For all that, some things haven’t changed. Kids still need our time and attention. Though they sometimes act like they couldn’t care less and avoid us like the plague, kids deeply value their relationships with parents and other adults. And yet, for all our material wealth, time is the very commodity that the modern family is most squeezed for. Parents say they have less and less time to spend with their kids and pay attention to their needs. Many people chalk it up to work pressures, but that only glosses over the deeper problem – namely, that our culture puts a greater value on work than it does on family and community life. Added to that is the fact that we’re the first society in history to expect parents alone to shoulder all the responsibilities of child rearing. In most cultures and through most periods of history, childbearing was seen as the job of the whole community.

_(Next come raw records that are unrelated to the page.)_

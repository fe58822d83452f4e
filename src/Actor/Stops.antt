-- ===== src/Actor/Stops.antt =====
-- Where `run_actor_loop` of orchestrator/actor_loop.py stops, and the results that it returns.
use tempa.Base.{
  String, Bool, true, false, ◌||◌, Option, none, some, List, [], ◌∷◌, ◌++◌, ◌==◌, any, length, ◌≡◌,
  ◌≤◌, refl, ap, ◌∙◌, arith, inl, inr, if◌then◌else◌, Bool-cases, eq_iff,
}
use tempa.Base.Dict
use tempa.Base.Dict.{Dict, get-put}
use tempa.Waves.{Task}
use tempa.Actor.State.{Step, Context, Outside, State}
use tempa.Actor.Check.{merge_steps, results_for_merge}
use tempa.Actor.Collect.{needs_pause}
use tempa.Actor.Plan.{Config, flatten_queue}
use tempa.Actor.Loop.{Run, Reply, steps, close, first_run, run_actor_loop, override_or}
use tempa.Actor.Trace.{put_steps, pauses, Quiet, Trace, steps-Trace}

if_or : (b c : Bool) → (if b then true else c) ≡ (b || c)
if_or true c = refl
if_or false c = refl

module _ {W : Type 0} (o : Outside W) (config : Config) where
  -- A reply after some new steps: no more than `actor_max_steps`, and none after one whose result
  -- waits for the owner. The reply is paused where such a step ended the loop or the pending actions
  -- of all the results ask for it.
  abbrev pub Stopped : Context → Option (Reply W) → Type 0
  Stopped ctx none = Unit
  Stopped ctx (some reply) =
      (new : List Step) × (reply.final.ctx.step_results ≡ ctx.step_results ++ new)
      × (length new ≤ config.actor_max_steps)
      × Quiet o config new
      × (reply.paused ≡ (any (pauses o config) new || needs_pause reply.final.pending_actions))

  close-Stopped :
      (ctx : Context) (r : Run W) (end : Option (Bool × Option String) × Run W)
      → r.ctx.step_results ≡ ctx.step_results
      → Trace o config config.actor_max_steps r end
      → Stopped ctx (close o config end)
  unfolding close
  close-Stopped ctx r (none, r') e t = tt
  close-Stopped ctx r (some (paused, question), r') e (new, v, bound, quiet, ends) =
      (new, ap (λ p. p.0) v ∙ ap (λ xs. xs ++ new) e, bound, quiet, rw ends (if_or paused _))

  -- Whatever the specialists, the model and the plans do: the loop takes at most `actor_max_steps`
  -- steps, replans included, and none after a step whose result waits for the owner's approval; and
  -- the reply says that it is paused exactly where such a step was taken or the pending actions ask
  -- for it.
  pub run_actor_loop-Stopped :
      (user_message : String) (subtasks : List Task) (ctx : Context) (task_id : String)
      (existing_results : Dict String) (queue_override : Option (List Task)) (s : State W)
      → Stopped ctx (
          run_actor_loop o config user_message subtasks ctx task_id existing_results queue_override
            s)
  unfolding run_actor_loop first_run
  run_actor_loop-Stopped user_message subtasks ctx task_id existing_results queue_override s =
      let queue = flatten_queue (override_or o config queue_override subtasks) in
      let r : Run W = first_run o config existing_results queue ctx s in
      close-Stopped ctx r (steps o config task_id user_message config.actor_max_steps 0 queue r)
        refl (steps-Trace o config task_id user_message config.actor_max_steps 0 queue r)

  get-put_steps :
      (agent : String) (new : List Step) (d d' : Dict String)
      → (agent == "") ≡ false
      → Dict.get d agent ≡ Dict.get d' agent
      → Dict.get (put_steps new d) agent ≡ Dict.get (merge_steps new d') agent
  unfolding merge_steps
  get-put_steps agent [] d d' named e = e
  get-put_steps agent (s ∷ new) d d' named e = elim (Bool-cases (s.agent == "")) [
    | inl blank ↦ rw blank (
        get-put_steps agent new (Dict.put d s.agent s.result) d' named
          (rw get-put (ground (arith, e, blank, named, eq_iff s.agent agent, eq_iff s.agent ""))))
    | inr filled ↦ rw filled (
        get-put_steps agent new (Dict.put d s.agent s.result) (Dict.put d' s.agent s.result) named
          (rw (get-put, get-put) (ap (λ v. if s.agent == agent then some s.result else v) e)))
  ]

  -- The reply's result of an agent is the one that its context gives.
  abbrev pub Merged : String → Dict String → Option (Reply W) → Type 0
  Merged agent existing_results none = Unit
  Merged agent existing_results (some reply) =
      Dict.get reply.final.results agent
      ≡ Dict.get (results_for_merge reply.final.ctx existing_results) agent

  close-Merged :
      (agent : String) (r : Run W) (end : Option (Bool × Option String) × Run W)
      → (agent == "") ≡ false
      → r.ctx.step_results ≡ []
      → Trace o config config.actor_max_steps r end
      → Merged agent r.results (close o config end)
  unfolding close results_for_merge
  close-Merged agent r (none, r') named e t = tt
  close-Merged agent r (some (paused, question), r') named e (new, v, bound, quiet, ends) =
      let kept : r'.ctx.step_results ≡ new = ap (λ p. p.0) v ∙ ap (λ xs. xs ++ new) e in
      rw (kept, ap (λ p. p.1) v) (get-put_steps agent new r.results r.results named refl)

  -- Where no steps were taken before, merging the steps that the context records over the results
  -- that were there gives each agent the result that the loop returns for it: that of the agent's
  -- last step, or the one from before. The empty name is left out.
  pub run_actor_loop-Merged :
      (user_message : String) (subtasks : List Task) (ctx : Context) (task_id : String)
      (existing_results : Dict String) (queue_override : Option (List Task)) (s : State W)
      (agent : String)
      → ctx.step_results ≡ []
      → (agent == "") ≡ false
      → Merged agent existing_results (
          run_actor_loop o config user_message subtasks ctx task_id existing_results queue_override
            s)
  unfolding run_actor_loop first_run
  run_actor_loop-Merged user_message subtasks ctx task_id existing_results queue_override s agent
        fresh named =
      let queue = flatten_queue (override_or o config queue_override subtasks) in
      let r : Run W = first_run o config existing_results queue ctx s in
      close-Merged agent r (steps o config task_id user_message config.actor_max_steps 0 queue r)
        named fresh (steps-Trace o config task_id user_message config.actor_max_steps 0 queue r)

It was considered normal and natural that relatives and other adults should be intimately involved in children’s lives. But in the modern developed world the nuclear family is seen as a fortress unto itself, and the rearing of children depends entirely on ‘parenting’. We need to take back control of our time, not only so we can spend it with our children, but so we can work on rebuilding and re-cementing the social bonds that will allow them to grow up in real communities and have contact with a variety of interested, caring adults.

Kathleen McDonnell is a Toronto-based author specializing
in the issues of childhood. Her latest book is Honey, We Lost
the Kids
published by Second Story Press, 2002.